Tamar Almog, the legal commentator for Kan, Israel’s public broadcaster, described the proceedings as “half circus, half preschool.” But Uzi Arad, a witness for the defense who served as Mr. Netanyahu’s national security adviser and close confidante before a sharp falling out, said the dysfunction he had witnessed in the Netanyahu household “exacted a price from the country.”
He described one incident when Mr. Netanyahu left unprepared for a trip to Washington and could not be briefed on the plane because he insisted on sitting with Sara the whole way, preventing Mr. Arad from sharing classified information. According to Mr. Arad, the lapse led to a huge blowup in Mr. Netanyahu’s meeting with Robert M. Gates, the U.S. secretary of defense at the time, prompting the Pentagon to cut off ties with Israel for two months.
Nir Hefetz, a former spokesman for Mr. Netanyahu who has turned state witness in his corruption trial, told the court of constant interference by Ms. Netanyahu and her son in national decision-making. He related that Yair once burst into a meeting his father was holding with other officials, got down on all fours and wagged his tongue, berating his father in crude terms for sucking up to those present.
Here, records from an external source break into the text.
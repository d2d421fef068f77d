-- ===== src/Session/Tended.antt =====
-- One request on one direction that need not be settled: the steps of the data handlers.
use ghostcom.Base.{ℕ, ◌+◌, ◌<◌, ◌≡◌, refl, ap, ◌∙◌, arith, inl, inr, ◌⊎◌, true, Bool-cases}
use ghostcom.Base.{List, [], ◌∷◌, ◌++◌, Option, none, some, length, length-append}
use ghostcom.Base.{is_there, total, total-append, total-Perm}
use ghostcom.Status.{nt_success}
use ghostcom.Ring.{Ring}
use ghostcom.Ring.Inv.{IsValid}
use ghostcom.Ring.Contents.{contents}
use ghostcom.Wdf.{Wdf, Completion, held, requests, requests-append}
use ghostcom.Drain.{drain_peer}
use ghostcom.Drain.Moved.{Moved, drain_peer-Served}
use ghostcom.Drain.There.{drain_peer_there, drain_writes_to_ring_there}
use ghostcom.Transfer.{Ends, pend, unblock}
use ghostcom.Transfer.Steps.{Ends-map, unblock-Moved}
use ghostcom.Session.Calm.{IsIdle}

module _ (wdf : Wdf) where
  open wdf use {Request, Queue, pending}

  -- The direction is left idle, with its queue of writes; what is completed and what waits are what
  -- came and what waited.
  pub record Tended (ring : Ring) (writes reads : Option Queue) (came : List Request) (ring' : Ring)
      (writes' reads' : Option Queue) (done : List (Completion Request)) : Type 0 where
    pub idle : IsIdle wdf ring' reads'
    pub writers : is_there writes' ≡ true
    pub size : ring'.size ≡ ring.size
    pub once :
        (weight : Request → ℕ)
        → total weight (requests done)
            + total weight (held wdf writes')
            + total weight (held wdf reads')
          ≡ total weight came + total weight (held wdf writes) + total weight (held wdf reads)

  -- A request was put in a queue that was there, or completed.
  pub record IsPended (request : Request) (queue : Option Queue)
      (p : Option Queue × List (Completion Request)) : Type 0 where
    pub there : is_there p.0 ≡ true
    pub once :
        (weight : Request → ℕ)
        → total weight (requests p.1) + total weight (held wdf p.0)
          ≡ weight request + total weight (held wdf queue)

  pub pend-IsPended :
      (request : Request) (queue : Option Queue)
      → is_there queue ≡ true
      → Ends (IsPended request queue) (pend wdf request queue)
  unfolding pend
  pend-IsPended request none h = absurd (cc h)
  pend-IsPended request (some queue) h =
      elim (Bool-cases (nt_success (wdf.forward request queue).0)) [
        | inl ok ↦
            rw (ok, pend)
              (record {
                there = refl;
                once = λ weight. omega (
                  arith,
                  ap (total weight) (wdf.forward_ok request queue ok),
                  total-append weight (pending queue) (request ∷ []),
                );
              })
        | inr bad ↦
            rw (bad, pend)
              (record {
                there = refl;
                once = λ weight.
                    omega (arith, ap (total weight) (wdf.forward_failed request queue bad));
              })
      ]

  unblock_there :
      (ring : Ring) (writes reads : Option Queue)
      → (is_there (unblock wdf ring writes reads).1 ≡ is_there writes)
        × (is_there (unblock wdf ring writes reads).2 ≡ is_there reads)
  unfolding unblock
  unblock_there ring none reads = (refl, refl)
  unblock_there ring (some queue) reads = (refl, drain_writes_to_ring_there wdf ring queue reads)

  module _ {ring : Ring} (writes reads : Option Queue) (idle : IsIdle wdf ring reads)
      (writers : is_there writes ≡ true) (request : Request) where
    -- The request is completed, and nothing else is done.
    pub Tended-answered :
        (c : Completion Request)
        → c.request ≡ request
        → Tended ring writes reads (request ∷ []) ring writes reads (c ∷ [])
    Tended-answered c e = record {
      idle = idle;
      writers = writers;
      size = refl;
      once = λ weight. omega (arith, ap weight e);
    }

    pub pend_read-Tended :
        contents ring ≡ []
        → Ends
            (λ (p : Option Queue × List (Completion Request)).
              Tended ring writes reads (request ∷ []) ring writes p.0 p.1)
            (pend wdf request reads)
    pend_read-Tended empty =
        Ends-map (pend wdf request reads)
          (λ p (h : IsPended request reads p). record {
            idle = record { valid = idle.valid; readers = inl empty; there = h.there };
            writers = writers;
            size = refl;
            once = λ weight. omega (arith, h.once weight);
          })
          (pend-IsPended request reads idle.there)

    pub pend_write-Tended :
        Ends
          (λ (p : Option Queue × List (Completion Request)).
            Tended ring writes reads (request ∷ []) ring p.0 reads p.1)
          (pend wdf request writes)
    pend_write-Tended =
        Ends-map (pend wdf request writes)
          (λ p (h : IsPended request writes p). record {
            idle = idle;
            writers = h.there;
            size = refl;
            once = λ weight. omega (arith, h.once weight);
          })
          (pend-IsPended request writes writers)

    -- A read that takes bytes, after which the waiting writes are drained.
    pub unblock-Tended :
        {after : Ring} (got : List ℕ) (c : Completion Request)
        → c.request ≡ request
        → IsValid after
        → after.size ≡ ring.size
        → 0 < length got
        → got ++ contents after ≡ contents ring
        → let (ring', writes', reads', done) = unblock wdf after writes reads in
          Tended ring writes reads (request ∷ []) ring' writes' reads' (done ++ (c ∷ []))
    unblock-Tended {after} got c e v same some_got split = record {
      idle = record {
        valid = m.valid;
        readers = inr (m.quiet (nobody idle.readers)).1;
        there = (unblock_there after writes reads).1 ∙ idle.there;
      };
      writers = (unblock_there after writes reads).0 ∙ writers;
      size = m.size ∙ same;
      once = λ weight. omega (
        arith,
        ap weight e,
        ap (total weight) (requests-append moved.3 (c ∷ [])),
        total-append weight (requests moved.3) (c.request ∷ []),
        total-Perm weight m.once,
        total-append weight (requests moved.3) (held wdf moved.1 ++ held wdf moved.2),
        total-append weight (held wdf moved.1) (held wdf moved.2),
        total-append weight (held wdf writes) (held wdf reads),
      );
    }
      where
        moved : Ring × Option Queue × Option Queue × List (Completion Request)
        moved = unblock wdf after writes reads

        m :
            Moved wdf after
              (held wdf writes)
              (held wdf reads)
              moved.0
              (held wdf moved.1)
              (held wdf moved.2)
              moved.3
        m = unblock-Moved wdf writes reads v

        nobody : (contents ring ≡ []) ⊎ (held wdf reads ≡ []) → held wdf reads ≡ []
        nobody (inl empty) =
            absurd (omega (arith, ap length (split ∙ empty), length-append got (contents after)))
        nobody (inr e) = e

    -- A write that puts bytes in, after which the waiting reads are drained.
    pub drain_peer-Tended :
        {after : Ring} (c : Completion Request)
        → c.request ≡ request
        → IsValid after
        → after.size ≡ ring.size
        → let (ring', reads', done) = drain_peer wdf after reads in
          Tended ring writes reads (request ∷ []) ring' writes reads' (done ++ (c ∷ []))
    drain_peer-Tended {after} c e v same =
        let served = drain_peer-Served wdf reads v in
        let done = (drain_peer wdf after reads).2 in
        let left = held wdf (drain_peer wdf after reads).1 in
        record {
          idle = record {
            valid = served.valid;
            readers = served.settled;
            there = drain_peer_there wdf after reads ∙ idle.there;
          };
          writers = writers;
          size = served.size ∙ same;
          once = λ weight. omega (
            arith,
            ap weight e,
            ap (total weight) (requests-append done (c ∷ [])),
            total-append weight (requests done) (c.request ∷ []),
            ap (total weight) served.order,
            total-append weight (requests done) left,
          );
        }
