-- ===== src/Session/Data.antt =====
-- The reads and writes of both sides keep a pair calm.
use ghostcom.Base.{ℕ, Bool, true, false, ◌≡◌, refl, ap, arith, inl, inr, min}
use ghostcom.Base.{Bool-cases, List, [], ◌∷◌, ◌++◌, Option, length, ltb, if◌then◌else◌}
use ghostcom.Base.{either_way, subst, sym, append-nil}
use ghostcom.Status.{nt_success}
use ghostcom.Word.{ulong}
use ghostcom.Ring.{Ring, read, write}
use ghostcom.Ring.Reading.{read_refines}
use ghostcom.Ring.Writing.{write_refines}
use ghostcom.Wdf.{Wdf, Completion}
use ghostcom.Pair.{PortPair, PerfStats}
use ghostcom.Ntddser.{ev_txempty, ev_rxchar}
use ghostcom.Transfer.{Ends, pend}
use ghostcom.Transfer.Steps.{read_some, read_none, Ends-map, put_back-Ends}
use ghostcom.Signal.{check_wait_mask}
use ghostcom.Com.{com_evt_read, com_read_active, com_evt_write, com_write_active, returns_at_once}
use ghostcom.Companion.{comp_evt_read, comp_read_active, comp_evt_write, comp_write_active}
use ghostcom.Session.Calm.{IsCalm, IsKept, check_wait_mask-IsKept}
use ghostcom.Session.Tended.{
  Tended, Tended-answered, pend_read-Tended, pend_write-Tended, unblock-Tended, drain_peer-Tended,
}

module _ (wdf : Wdf) (pp : PortPair wdf.Queue) (calm : IsCalm wdf pp) where
  open wdf use {Request, Queue, output_buffer, input_buffer}

  -- A direction is tended, and the pair with it.
  to_com-IsKept :
      {came : List Request} {ring : Ring} {writes reads : Option Queue}
      {done : List (Completion Request)} (stats : PerfStats)
      → Tended wdf pp.companion_to_com pp.comp_write_queue pp.com_read_queue came ring writes reads
          done
      → IsKept wdf pp came [] (
        record pp {
          companion_to_com = ring;
          com_read_queue = reads;
          comp_write_queue = writes;
          perf_stats = stats;
        },
        done,
      )
  to_com-IsKept stats t = record {
    calm = record {
      to_com = t.idle;
      to_companion = calm.to_companion;
      com_writes = calm.com_writes;
      comp_writes = t.writers;
      signals = calm.signals;
      masks = calm.masks;
    };
    same =
        ap
          (λ size. (
            pp.port_number, pp.companion_index, pp.active, pp.com_side_open, pp.companion_side_open,
            pp.ref_count, pp.com_to_companion.size, size,
          ))
          t.size;
    once = λ weight. omega (arith, t.once weight);
  }

  pub to_companion-IsKept :
      {came : List Request} {ring : Ring} {writes reads : Option Queue}
      {done : List (Completion Request)} (stats : PerfStats)
      → Tended wdf pp.com_to_companion pp.com_write_queue pp.comp_read_queue came ring writes reads
          done
      → IsKept wdf pp came [] (
        record pp {
          com_to_companion = ring;
          comp_read_queue = reads;
          com_write_queue = writes;
          perf_stats = stats;
        },
        done,
      )
  to_companion-IsKept stats t = record {
    calm = record {
      to_com = calm.to_com;
      to_companion = t.idle;
      com_writes = t.writers;
      comp_writes = calm.comp_writes;
      signals = calm.signals;
      masks = calm.masks;
    };
    same =
        ap
          (λ size. (
            pp.port_number, pp.companion_index, pp.active, pp.com_side_open, pp.companion_side_open,
            pp.ref_count, size, pp.companion_to_com.size,
          ))
          t.size;
    once = λ weight. omega (arith, t.once weight);
  }

  module _ (request : Request) where
    abbrev Kept : PortPair Queue × List (Completion Request) → Type 0
    Kept out = IsKept wdf pp (request ∷ []) [] out

    pub answered-IsKept : (c : Completion Request) → c.request ≡ request → Kept (pp, c ∷ [])
    answered-IsKept c e = to_com-IsKept pp.perf_stats (
        Tended-answered wdf pp.comp_write_queue pp.com_read_queue calm.to_com calm.comp_writes
          request c e)

    module _ (len : ℕ) (asked : ltb 0 len ≡ true) where
      com_read_active-IsKept : Ends Kept (com_read_active wdf pp request len)
      unfolding com_read_active
      com_read_active-IsKept = elim (Bool-cases (nt_success (output_buffer request 1).0)) [
        | inr bad ↦ rw (bad, com_read_active) (answered-IsKept _ refl)
        | inl ok ↦
            let room = wdf.output_length request 1 ok in
            let n = ulong (min (output_buffer request 1).1 len) in
            let v = calm.to_com.valid in
            elim (Bool-cases (ltb 0 (read pp.companion_to_com n).0)) [
              | inl h ↦
                  let got = read_some v n h in
                  let step = read_refines v n in
                  rw (ok, h, com_read_active)
                    (to_com-IsKept _ (
                      unblock-Tended wdf pp.comp_write_queue pp.com_read_queue calm.to_com
                        calm.comp_writes request _ _ refl step.0 step.1
                        (omega (arith, got.0, got.1)) got.2))
              | inr h ↦ elim (Bool-cases (returns_at_once pp.timeouts)) [
                | inl t ↦ rw (ok, h, t, com_read_active) (answered-IsKept _ refl)
                | inr t ↦
                    rw (ok, h, t, com_read_active)
                      (put_back-Ends wdf Kept _ _ (
                        Ends-map (pend wdf request pp.com_read_queue)
                          (λ p t. to_com-IsKept pp.perf_stats t)
                          (pend_read-Tended wdf pp.comp_write_queue pp.com_read_queue calm.to_com
                            calm.comp_writes request
                            (read_none v n h (ground (arith, room, asked))))))
              ]
            ]
      ]

      pub com_evt_read-IsKept : Ends Kept (com_evt_read wdf pp request len)
      unfolding com_evt_read
      com_evt_read-IsKept =
          either_way (Ends Kept) pp.active com_read_active-IsKept (answered-IsKept _ refl)

      comp_read_active-IsKept : Ends Kept (comp_read_active wdf pp request len)
      unfolding comp_read_active
      comp_read_active-IsKept = elim (Bool-cases (nt_success (output_buffer request 1).0)) [
        | inr bad ↦ rw (bad, comp_read_active) (answered-IsKept _ refl)
        | inl ok ↦
            let room = wdf.output_length request 1 ok in
            let n = ulong (min (output_buffer request 1).1 len) in
            let v = calm.to_companion.valid in
            elim (Bool-cases (ltb 0 (read pp.com_to_companion n).0)) [
              | inl h ↦
                  let got = read_some v n h in
                  let step = read_refines v n in
                  rw (ok, h, comp_read_active)
                    (to_companion-IsKept pp.perf_stats (
                      unblock-Tended wdf pp.com_write_queue pp.comp_read_queue calm.to_companion
                        calm.com_writes request _ _ refl step.0 step.1 (omega (arith, got.0, got.1))
                        got.2))
              | inr h ↦
                  rw (ok, h, comp_read_active)
                    (put_back-Ends wdf Kept _ _ (
                      Ends-map (pend wdf request pp.comp_read_queue)
                        (λ p t. to_companion-IsKept pp.perf_stats t)
                        (pend_read-Tended wdf pp.com_write_queue pp.comp_read_queue
                          calm.to_companion calm.com_writes request
                          (read_none v n h (ground (arith, room, asked))))))
            ]
      ]

      pub comp_evt_read-IsKept : Ends Kept (comp_evt_read wdf pp request len)
      unfolding comp_evt_read
      comp_evt_read-IsKept =
          either_way (Ends Kept) pp.active comp_read_active-IsKept (answered-IsKept _ refl)

    module _ (len : ℕ) where
      com_write_active-IsKept : Ends Kept (com_write_active wdf pp request len)
      unfolding com_write_active
      com_write_active-IsKept = elim (Bool-cases (nt_success (input_buffer request 1).0)) [
        | inr bad ↦ rw (bad, com_write_active) (answered-IsKept _ refl)
        | inl ok ↦
            let room = wdf.input_length request 1 ok in
            let bytes = (input_buffer request 1).1 in
            let n = ulong (min (length bytes) len) in
            let (v, size, _) =
              write_refines calm.to_companion.valid bytes n (omega (arith, room)) in
            elim (Bool-cases (ltb 0 (write pp.com_to_companion bytes n).0)) [
              | inl h ↦
                  rw (ok, h, com_write_active)
                    (told _ _ _ (
                      to_companion-IsKept _ (
                        drain_peer-Tended wdf pp.com_write_queue pp.comp_read_queue
                          calm.to_companion calm.com_writes request _ refl v size)))
              | inr h ↦
                  rw (ok, h, com_write_active)
                    (put_back-Ends wdf Kept _ _ (
                      Ends-map (pend wdf request pp.com_write_queue)
                        (λ p t. to_companion-IsKept pp.perf_stats t)
                        (pend_write-Tended wdf pp.com_write_queue pp.comp_read_queue
                          calm.to_companion calm.com_writes request)))
            ]
      ]
        where
          told :
              (after : PortPair Queue) (log : List (Completion Request)) (b : Bool)
              → Kept (after, log)
              → let (after', events) =
                  if b then check_wait_mask wdf after ev_txempty else (after, []) in
                Kept (after', log ++ events)
          told after log true k = check_wait_mask-IsKept wdf after log ev_txempty k
          told after log false k = subst (λ l. Kept (after, l)) (sym (append-nil log)) k

      pub com_evt_write-IsKept : Ends Kept (com_evt_write wdf pp request len)
      unfolding com_evt_write
      com_evt_write-IsKept =
          either_way (Ends Kept) pp.active com_write_active-IsKept (answered-IsKept _ refl)

      comp_write_active-IsKept : Ends Kept (comp_write_active wdf pp request len)
      unfolding comp_write_active
      comp_write_active-IsKept = elim (Bool-cases (nt_success (input_buffer request 1).0)) [
        | inr bad ↦ rw (bad, comp_write_active) (answered-IsKept _ refl)
        | inl ok ↦
            let room = wdf.input_length request 1 ok in
            let bytes = (input_buffer request 1).1 in
            let n = ulong (min (length bytes) len) in
            let (v, size, _) = write_refines calm.to_com.valid bytes n (omega (arith, room)) in
            elim (Bool-cases (ltb 0 (write pp.companion_to_com bytes n).0)) [
              | inl h ↦
                  rw (ok, h, comp_write_active)
                    (check_wait_mask-IsKept wdf _ _ ev_rxchar (
                      to_com-IsKept pp.perf_stats (
                        drain_peer-Tended wdf pp.comp_write_queue pp.com_read_queue calm.to_com
                          calm.comp_writes request _ refl v size)))
              | inr h ↦
                  rw (ok, h, comp_write_active)
                    (put_back-Ends wdf Kept _ _ (
                      Ends-map (pend wdf request pp.comp_write_queue)
                        (λ p t. to_com-IsKept pp.perf_stats t)
                        (pend_write-Tended wdf pp.comp_write_queue pp.com_read_queue calm.to_com
                          calm.comp_writes request)))
            ]
      ]

      pub comp_evt_write-IsKept : Ends Kept (comp_evt_write wdf pp request len)
      unfolding comp_evt_write
      comp_evt_write-IsKept =
          either_way (Ends Kept) pp.active comp_write_active-IsKept (answered-IsKept _ refl)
“I should apologize after today?” Mr. Olmert said outside the courtroom.
In a Facebook post on Monday, Mr. Netanyahu wrote that Mr. Olmert “brought former employees who would give false testimony and slander my family with a baseless blood libel.”
The lawyers for the sides must now sum up their arguments before the judge reaches a verdict, the timing for which is not yet scheduled.